## Exercise data
/---

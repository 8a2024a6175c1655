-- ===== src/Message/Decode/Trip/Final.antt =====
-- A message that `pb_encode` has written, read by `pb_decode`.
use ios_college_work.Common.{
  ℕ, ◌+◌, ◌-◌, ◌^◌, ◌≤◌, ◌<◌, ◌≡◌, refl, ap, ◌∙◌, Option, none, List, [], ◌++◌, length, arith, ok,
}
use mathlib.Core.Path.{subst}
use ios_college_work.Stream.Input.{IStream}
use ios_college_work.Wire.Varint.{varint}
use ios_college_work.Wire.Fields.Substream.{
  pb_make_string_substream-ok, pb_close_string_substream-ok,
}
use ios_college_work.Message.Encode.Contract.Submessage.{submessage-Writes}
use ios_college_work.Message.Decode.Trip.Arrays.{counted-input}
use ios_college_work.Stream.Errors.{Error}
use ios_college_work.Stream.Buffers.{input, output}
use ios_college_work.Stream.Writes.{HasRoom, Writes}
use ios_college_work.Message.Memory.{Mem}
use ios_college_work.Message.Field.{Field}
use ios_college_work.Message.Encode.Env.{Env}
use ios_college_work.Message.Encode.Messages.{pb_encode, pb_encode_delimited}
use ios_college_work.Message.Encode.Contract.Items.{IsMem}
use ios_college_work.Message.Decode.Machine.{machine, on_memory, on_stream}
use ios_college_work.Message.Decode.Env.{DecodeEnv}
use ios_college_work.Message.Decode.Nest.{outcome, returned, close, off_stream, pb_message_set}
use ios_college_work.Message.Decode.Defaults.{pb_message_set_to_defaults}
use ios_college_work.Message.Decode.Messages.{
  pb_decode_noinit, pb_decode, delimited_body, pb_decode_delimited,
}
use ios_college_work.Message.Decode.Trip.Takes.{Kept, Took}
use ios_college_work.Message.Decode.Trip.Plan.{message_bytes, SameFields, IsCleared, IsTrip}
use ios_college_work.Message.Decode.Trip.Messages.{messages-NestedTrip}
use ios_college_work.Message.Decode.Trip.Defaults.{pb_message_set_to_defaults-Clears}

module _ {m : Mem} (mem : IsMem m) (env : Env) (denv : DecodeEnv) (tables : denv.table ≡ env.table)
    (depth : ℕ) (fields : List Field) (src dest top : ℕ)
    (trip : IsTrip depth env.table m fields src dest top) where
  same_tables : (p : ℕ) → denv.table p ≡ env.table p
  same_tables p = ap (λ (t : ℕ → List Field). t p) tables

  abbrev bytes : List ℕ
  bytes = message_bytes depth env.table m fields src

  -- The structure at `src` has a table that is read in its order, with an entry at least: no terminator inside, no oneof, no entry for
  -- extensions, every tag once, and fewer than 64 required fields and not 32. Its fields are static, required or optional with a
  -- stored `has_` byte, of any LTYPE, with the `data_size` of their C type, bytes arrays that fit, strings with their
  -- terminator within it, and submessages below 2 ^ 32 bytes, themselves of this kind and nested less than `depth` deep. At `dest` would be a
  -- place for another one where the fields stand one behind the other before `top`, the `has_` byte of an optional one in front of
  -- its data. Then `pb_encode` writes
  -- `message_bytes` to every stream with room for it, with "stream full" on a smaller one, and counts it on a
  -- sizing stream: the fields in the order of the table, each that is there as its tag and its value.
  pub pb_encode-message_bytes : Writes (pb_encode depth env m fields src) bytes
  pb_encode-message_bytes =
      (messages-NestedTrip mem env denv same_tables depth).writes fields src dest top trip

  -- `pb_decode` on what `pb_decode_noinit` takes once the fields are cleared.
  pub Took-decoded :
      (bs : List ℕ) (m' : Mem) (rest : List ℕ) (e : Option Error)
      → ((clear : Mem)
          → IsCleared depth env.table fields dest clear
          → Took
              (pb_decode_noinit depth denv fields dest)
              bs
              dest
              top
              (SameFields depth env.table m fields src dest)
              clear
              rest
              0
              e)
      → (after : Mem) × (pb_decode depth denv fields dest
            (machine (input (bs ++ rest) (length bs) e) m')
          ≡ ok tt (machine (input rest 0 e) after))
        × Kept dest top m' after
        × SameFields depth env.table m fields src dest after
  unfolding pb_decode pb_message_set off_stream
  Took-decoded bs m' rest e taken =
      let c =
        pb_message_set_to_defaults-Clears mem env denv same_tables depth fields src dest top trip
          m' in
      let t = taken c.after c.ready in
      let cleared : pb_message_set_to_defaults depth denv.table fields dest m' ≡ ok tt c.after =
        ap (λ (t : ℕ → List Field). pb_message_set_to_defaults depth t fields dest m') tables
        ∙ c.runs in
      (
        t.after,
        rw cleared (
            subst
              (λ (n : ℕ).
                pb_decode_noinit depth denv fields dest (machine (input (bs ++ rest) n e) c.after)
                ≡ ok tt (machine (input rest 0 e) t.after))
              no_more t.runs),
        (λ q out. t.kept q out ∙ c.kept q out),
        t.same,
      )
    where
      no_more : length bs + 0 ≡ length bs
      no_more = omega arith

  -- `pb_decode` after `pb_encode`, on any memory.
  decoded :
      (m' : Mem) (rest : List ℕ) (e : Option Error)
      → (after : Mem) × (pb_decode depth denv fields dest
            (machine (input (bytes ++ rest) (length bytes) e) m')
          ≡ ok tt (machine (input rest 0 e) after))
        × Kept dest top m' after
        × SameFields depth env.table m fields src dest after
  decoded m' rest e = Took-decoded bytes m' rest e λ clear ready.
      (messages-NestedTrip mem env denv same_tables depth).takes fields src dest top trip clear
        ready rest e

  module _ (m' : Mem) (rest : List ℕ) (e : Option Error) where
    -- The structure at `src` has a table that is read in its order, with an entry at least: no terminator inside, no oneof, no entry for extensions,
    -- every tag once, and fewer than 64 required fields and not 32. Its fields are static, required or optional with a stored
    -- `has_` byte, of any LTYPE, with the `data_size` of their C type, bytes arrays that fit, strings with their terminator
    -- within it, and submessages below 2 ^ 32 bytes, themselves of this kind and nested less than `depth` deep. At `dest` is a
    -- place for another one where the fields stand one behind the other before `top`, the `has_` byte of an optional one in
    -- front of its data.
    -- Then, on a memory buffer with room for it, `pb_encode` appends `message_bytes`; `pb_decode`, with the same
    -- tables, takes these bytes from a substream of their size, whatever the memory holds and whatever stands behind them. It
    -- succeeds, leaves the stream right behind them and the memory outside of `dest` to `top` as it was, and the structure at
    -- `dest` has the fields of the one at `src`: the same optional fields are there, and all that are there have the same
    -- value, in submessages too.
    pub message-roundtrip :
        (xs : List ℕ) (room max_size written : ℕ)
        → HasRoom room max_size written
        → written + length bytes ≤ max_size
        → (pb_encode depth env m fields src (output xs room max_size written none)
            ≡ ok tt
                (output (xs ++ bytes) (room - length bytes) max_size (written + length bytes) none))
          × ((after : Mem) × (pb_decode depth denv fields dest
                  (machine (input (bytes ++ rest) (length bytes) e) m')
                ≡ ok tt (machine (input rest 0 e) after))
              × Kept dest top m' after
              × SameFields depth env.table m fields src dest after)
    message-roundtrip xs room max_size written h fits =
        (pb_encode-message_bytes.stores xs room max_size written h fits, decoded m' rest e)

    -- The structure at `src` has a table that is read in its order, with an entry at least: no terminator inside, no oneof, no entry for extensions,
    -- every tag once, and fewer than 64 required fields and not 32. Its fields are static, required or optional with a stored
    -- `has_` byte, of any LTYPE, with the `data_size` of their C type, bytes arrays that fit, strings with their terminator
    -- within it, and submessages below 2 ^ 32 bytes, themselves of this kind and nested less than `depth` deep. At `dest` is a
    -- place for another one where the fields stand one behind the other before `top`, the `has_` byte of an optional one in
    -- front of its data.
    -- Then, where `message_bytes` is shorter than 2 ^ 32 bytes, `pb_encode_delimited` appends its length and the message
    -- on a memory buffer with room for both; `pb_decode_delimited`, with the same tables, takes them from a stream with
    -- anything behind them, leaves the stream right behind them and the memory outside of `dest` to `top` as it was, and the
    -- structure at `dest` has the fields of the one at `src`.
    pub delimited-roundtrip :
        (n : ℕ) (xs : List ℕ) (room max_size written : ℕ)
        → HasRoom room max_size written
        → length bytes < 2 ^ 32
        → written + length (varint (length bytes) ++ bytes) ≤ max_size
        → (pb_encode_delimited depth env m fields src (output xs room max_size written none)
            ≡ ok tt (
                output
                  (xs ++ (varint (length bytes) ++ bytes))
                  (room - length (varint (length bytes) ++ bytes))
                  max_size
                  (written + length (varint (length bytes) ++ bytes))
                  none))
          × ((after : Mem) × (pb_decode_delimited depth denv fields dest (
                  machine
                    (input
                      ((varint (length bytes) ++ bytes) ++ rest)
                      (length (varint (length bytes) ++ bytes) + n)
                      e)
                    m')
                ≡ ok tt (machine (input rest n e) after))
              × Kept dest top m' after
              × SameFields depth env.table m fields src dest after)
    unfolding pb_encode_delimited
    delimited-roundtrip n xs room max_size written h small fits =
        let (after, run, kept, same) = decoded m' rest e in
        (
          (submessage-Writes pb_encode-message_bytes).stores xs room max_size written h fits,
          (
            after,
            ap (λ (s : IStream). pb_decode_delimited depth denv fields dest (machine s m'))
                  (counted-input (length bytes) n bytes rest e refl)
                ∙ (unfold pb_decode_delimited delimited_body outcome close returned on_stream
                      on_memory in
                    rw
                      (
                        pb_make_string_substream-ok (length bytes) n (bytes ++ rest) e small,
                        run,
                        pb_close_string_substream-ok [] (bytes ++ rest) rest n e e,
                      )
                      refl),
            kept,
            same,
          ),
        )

\---

## Task item
Please give the number of lines in the data above that hold "unfolding", and write nothing else.

## Task result
2